Может, стоит встретиться с Ульяном Мертвым и напрямую все спросить?
А что? Занимательная мысль.
В кабинет вошел Гонза. Мокрый как курица, вообразившая себя уткой.
– Там надолго? – спросил я.
– Пару часов поработают. Подмыло фундамент. От дождя уровень воды поднялся, вот и залило, – пояснил Кубинец, располагаясь на диване.
– Обивку испортишь, – сделал я замечание.
– Ничего. Нет сил переодеться, – отмахнулся Гонза.
– А можно сделать так, чтобы впредь в мой подвал не проникала вода? – рявкнул я.
– Я профильтрую этот вопрос.
– Гонза, два вопроса к тебе: первое, когда будут готовы документы, которые ты кинул хакерам? Второй вопрос, когда мы завтракать будем?
– Первое – сегодня позвоню, узнаю. Там какие‑то сложности. Второе – хоть сейчас. Только переоденусь.
Кубинец поднялся и покинул кабинет. Я последовал за ним, но избрал целью своего путешествия столовую. Только, похоже, сегодня мне суждено было остаться голодным.
Лишь я показался в холле, взревел звонок входной двери.
– Кого еще принесло? – разворчался я.
– Крабов с ордером вернулся, – подал идею Кубинец, скрываясь на втором этаже.
– Как раз к завтраку, – обрадовался почему‑то я.
В сущности Петр Петрович был милейшей души человеком, если не контактировать с ним на профессиональном поле.
Я завозился с замком, открыл дверь и тут же получил мощную струю какой‑то дряни в лицо. Не успев остановиться, я вздохнул и почувствовал, как голова теряет контакт с остальным телом. Дрянь была едкой, тошнотворной. Оставалось надеяться, что это не дих‑лофос и не боевое отравляющее вещество. Мозг закачался на качелях нервов, и я ощутил, как теряю контакт с реальностью.

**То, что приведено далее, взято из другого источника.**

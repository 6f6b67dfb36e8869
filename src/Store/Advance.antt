-- ===== src/Store/Advance.antt =====
-- The invariant of the job table, and how one update of a row keeps it and moves the row's job along
-- the state machine.
pub mod Steps
pub mod Rows
pub mod Loops
pub mod Everywhere
pub mod Calls
pub mod Sweep
pub mod Expiry
use mathlib.Core.Path.{subst}
use deckhand.Base.{
  ◌≡◌, ◌≢◌, refl, sym, String, Bool, false, Option, none, some, List, [], ◌∷◌, ◌++◌, All,
  All-append, arith,
}
use deckhand.Models.State.{JobState, running, verifying, unknown_outcome, queued, expired}
use deckhand.StateMachine.{require_transition}
use deckhand.StateMachine.Reach.{◌⟶◌, ◌⟶*◌, here, next}
use deckhand.Store.Rows.{JobRow, Db, find_job, update_job}
use deckhand.Store.Audit.{Moment}
use deckhand.Store.Updates.{is_active, moved, leased, released, expire_released, counted, renewed}
use deckhand.Store.Table.{
  IsKeyed, Becomes, Moves, Moves-refl, Moves-trans, Moves-update, All-update, IsKeyed-update,
  IsKeyed-append, Moves-append,
}

-- A job that runs has an owner, a fencing token and an expiry; one that neither runs nor verifies has
-- none of them; and no lease has a token without an expiry, or an expiry without a token.
pub record IsLeaseSound (r : JobRow) : Type 0 where
  pub held :
      r.state ≡ running
      → (r.lease_owner ≢ none) × (r.lease_token ≢ none) × (r.lease_expires_at ≢ none)
  pub idle :
      is_active r.state ≡ false
      → (r.lease_owner ≡ none) × (r.lease_token ≡ none) × (r.lease_expires_at ≡ none)
  pub token : r.lease_token ≡ none → r.lease_expires_at ≡ none
  pub expiry : r.lease_expires_at ≡ none → r.lease_token ≡ none

pub record IsWellFormed (rows : List JobRow) : Type 0 where
  pub keyed : IsKeyed rows
  pub leases : All IsLeaseSound rows

-- From a well-formed table to a well-formed one, each job along the state machine.
pub record Advances (rows rows' : List JobRow) : Type 0 where
  pub well_formed : IsWellFormed rows → IsWellFormed rows'
  pub moves : IsWellFormed rows → Moves rows rows'

pub Advances-refl : (rows : List JobRow) → Advances rows rows
Advances-refl rows = record { well_formed = λ h. h; moves = λ h. Moves-refl rows }

pub Advances-trans : (a b c : List JobRow) → Advances a b → Advances b c → Advances a c
Advances-trans a b c h k = record {
  well_formed = λ w. k.well_formed (h.well_formed w);
  moves = λ w. Moves-trans a b c (h.moves w) (k.moves (h.well_formed w));
}

-- An update that a sound row may have: it keeps what identifies the job, follows an accepted
-- transition or none, and leaves a sound lease.
pub record IsStep (row : JobRow) (f : JobRow → JobRow) : Type 0 where
  pub keeps_id : (r : JobRow) → (f r).id ≡ r.id
  pub becomes : Becomes row (f row)
  pub sound : IsLeaseSound row → IsLeaseSound (f row)

pub Advances-update :
    (rows : List JobRow) (id : String) (f : JobRow → JobRow) (row : JobRow)
    → (IsKeyed rows → find_job id rows ≡ some row)
    → IsStep row f
    → Advances rows (update_job id f rows)
Advances-update rows id f row found s = record {
  well_formed = λ w. record {
    keyed = IsKeyed-update id f s.keeps_id rows w.keyed;
    leases = All-update id f IsLeaseSound rows row w.keyed (found w.keyed) s.sound w.leases;
  };
  moves = λ w. Moves-update id f rows row w.keyed (found w.keyed) s.becomes;
}

-- A job inserted as `queued`, without a lease, under a new identifier.
pub Advances-append :
    (rows : List JobRow) (row : JobRow)
    → find_job row.id rows ≡ none
    → row.state ≡ queued
    → IsLeaseSound row
    → Advances rows (rows ++ row ∷ [])
Advances-append rows row new e sound = record {
  well_formed = λ w. record {
    keyed = IsKeyed-append rows row w.keyed new;
    leases = All-append IsLeaseSound rows (row ∷ []) w.leases (sound, tt);
  };
  moves = λ w. Moves-append rows row e;
}
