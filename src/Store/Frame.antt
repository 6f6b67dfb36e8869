-- ===== src/Store/Frame.antt =====
-- The operations on confirmations and the record of a denial leave the job table alone.
use deckhand.Base.{ℕ, String, ◌≡◌, refl, ◌∙◌, Option, none, some, arith}
use deckhand.Json.{Object}
use deckhand.Result.{Result}
use deckhand.Models.Request.{ActionRequest, Subject, ConfirmationMode}
use deckhand.Store.Rows.{Db, ConfirmationRow}
use deckhand.Store.Tx.{Tx, ◌>>=◌, pure, lift, select}
use deckhand.Store.Audit.{Store, Moment, append_audit}
use deckhand.Store.Jobs.{record_policy_denial}
use deckhand.Store.Confirmations.{
  RejectReason, insert_confirmation, use_up, create_confirmation, conclude, consume_confirmation,
  cancel_found, cancel_confirmation,
}
use deckhand.Store.Ensures.{
  Ensures, IsPreorder, Ensures-pure, Ensures-lift, Ensures-select, Ensures-bind, Ensures-write,
}

abbrev pub SameJobs : Db → Db → Type 0
SameJobs db db' = db'.jobs ≡ db.jobs

SameJobs-order : IsPreorder SameJobs
SameJobs-order = record { refl' = λ db. refl; trans = λ a b c h k. k ∙ h }

abbrev pub Framed : {A : Type 0} → Tx A → Type 0
Framed m = Ensures SameJobs m

Framed-pure : {A : Type 0} (a : A) → Framed (pure a)
Framed-pure a = Ensures-pure SameJobs-order a

Framed-lift : {A : Type 0} (r : Result A) → Framed (lift r)
Framed-lift r = Ensures-lift SameJobs-order r

Framed-select : {A : Type 0} (f : Db → A) → Framed (select f)
Framed-select f = Ensures-select SameJobs-order f

Framed-bind :
    {A B : Type 0} (m : Tx A) (f : A → Tx B)
    → Framed m
    → ((a : A) → Framed (f a))
    → Framed (m >>= f)
Framed-bind m f h k = Ensures-bind SameJobs-order m f h k

pub Framed-audit :
    (store : Store) (m : Moment) (event_type : String) (payload : Object)
    → Framed (append_audit store m event_type payload)
Framed-audit store m event_type payload = record {
  at = λ db u db' e. unfold append_audit in ground arith;
}

Framed-use_up : (now : ℕ) (id : String) → Framed (use_up now id)
unfolding use_up
Framed-use_up now id = Ensures-write SameJobs-order _ (λ db. refl)

Framed-insert : (row : ConfirmationRow) → Framed (insert_confirmation row)
Framed-insert row = record { at = λ db u db' e. unfold insert_confirmation in ground arith }

ruleset framed_rules = (
  Framed-pure, Framed-lift, Framed-select, Framed-bind, Framed-audit, Framed-use_up, Framed-insert,
)

module _ (store : Store) where
  pub create_confirmation-Framed :
      (m : Moment) (confirmation_id token : String) (request : ActionRequest) (subject : Subject)
      (mode : ConfirmationMode) (prompt : String) (ttl_seconds : ℕ)
      → Framed (
          create_confirmation store m confirmation_id token request subject mode prompt ttl_seconds)
  create_confirmation-Framed m confirmation_id token request subject mode prompt ttl_seconds =
      unfold create_confirmation in search framed_rules

  conclude-Framed :
      (m : Moment) (request : ActionRequest) (subject : Subject) (row : Option ConfirmationRow)
      (reason : Option RejectReason)
      → Framed (conclude store m request subject row reason)
  unfolding conclude
  conclude-Framed m request subject row (some reason) = search framed_rules
  conclude-Framed m request subject none none = search framed_rules
  conclude-Framed m request subject (some row) none = search framed_rules depth 8

  pub consume_confirmation-Framed :
      (m : Moment) (request : ActionRequest) (subject : Subject) (token : String)
      (response : Option String)
      → Framed (consume_confirmation store m request subject token response)
  unfolding consume_confirmation
  consume_confirmation-Framed m request subject token response =
      search (framed_rules, conclude-Framed) depth 8

  cancel_found-Framed :
      (m : Moment) (confirmation_id : String) (subject : Subject) (row : Option ConfirmationRow)
      → Framed (cancel_found store m confirmation_id subject row)
  unfolding cancel_found
  cancel_found-Framed m confirmation_id subject none = search framed_rules
  cancel_found-Framed m confirmation_id subject (some row) = search framed_rules depth 8

  pub cancel_confirmation-Framed :
      (m : Moment) (confirmation_id : String) (subject : Subject)
      → Framed (cancel_confirmation store m confirmation_id subject)
  cancel_confirmation-Framed m confirmation_id subject =
      unfold cancel_confirmation in search (framed_rules, cancel_found-Framed)

  pub record_policy_denial-Framed :
      (m : Moment) (request : ActionRequest) (subject : Subject) (phase reason : String)
      → Framed (record_policy_denial store m request subject phase reason)
  unfolding record_policy_denial
  record_policy_denial-Framed m request subject phase reason = search framed_rules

Распахнув глаза до предела, я посмотрел за порог и обнаружил, что крыльца и привычной набережной там нет. Грандиозный обрыв. Километра четыре падать. А на дне красные валуны и тоненькая речушка. Я раскинул руки и замахал ими, как птица, стараясь удержаться на краю. Но в пустоте над обрывом нарисовались два парящих ангела. Они возникли из небытия. Только что их не было. И вот тебе – надо же. Ангелы протянули ко мне руки, схватили за лацканы пиджака и резко дернули на себя. Я вылетел из дома, как ядро из жерла средневековой пушки.
С пересечением порога сознание покинуло меня. Надвинулась чернота. И я исчез.
ГЛАВА СЕМНАДЦАТАЯ
Сознание возвращалось болезненно. По капле оно заполняло меня, как наполняют песчинки нижнюю половину песочных часов. Каждая вернувшаяся частица памяти – дикие муки. Я застонал и попытался пошевелиться, не раскрывая глаз. Тут же почувствовал, что сижу на какой‑то поверхности. Наверное, стул или табурет. Я приоткрыл глаза, и в меня вонзились тысячи крохотных игл. Никакой картинки. Только расплывчатое пятно. Смесь красок, как на палитре. Болезненных красок.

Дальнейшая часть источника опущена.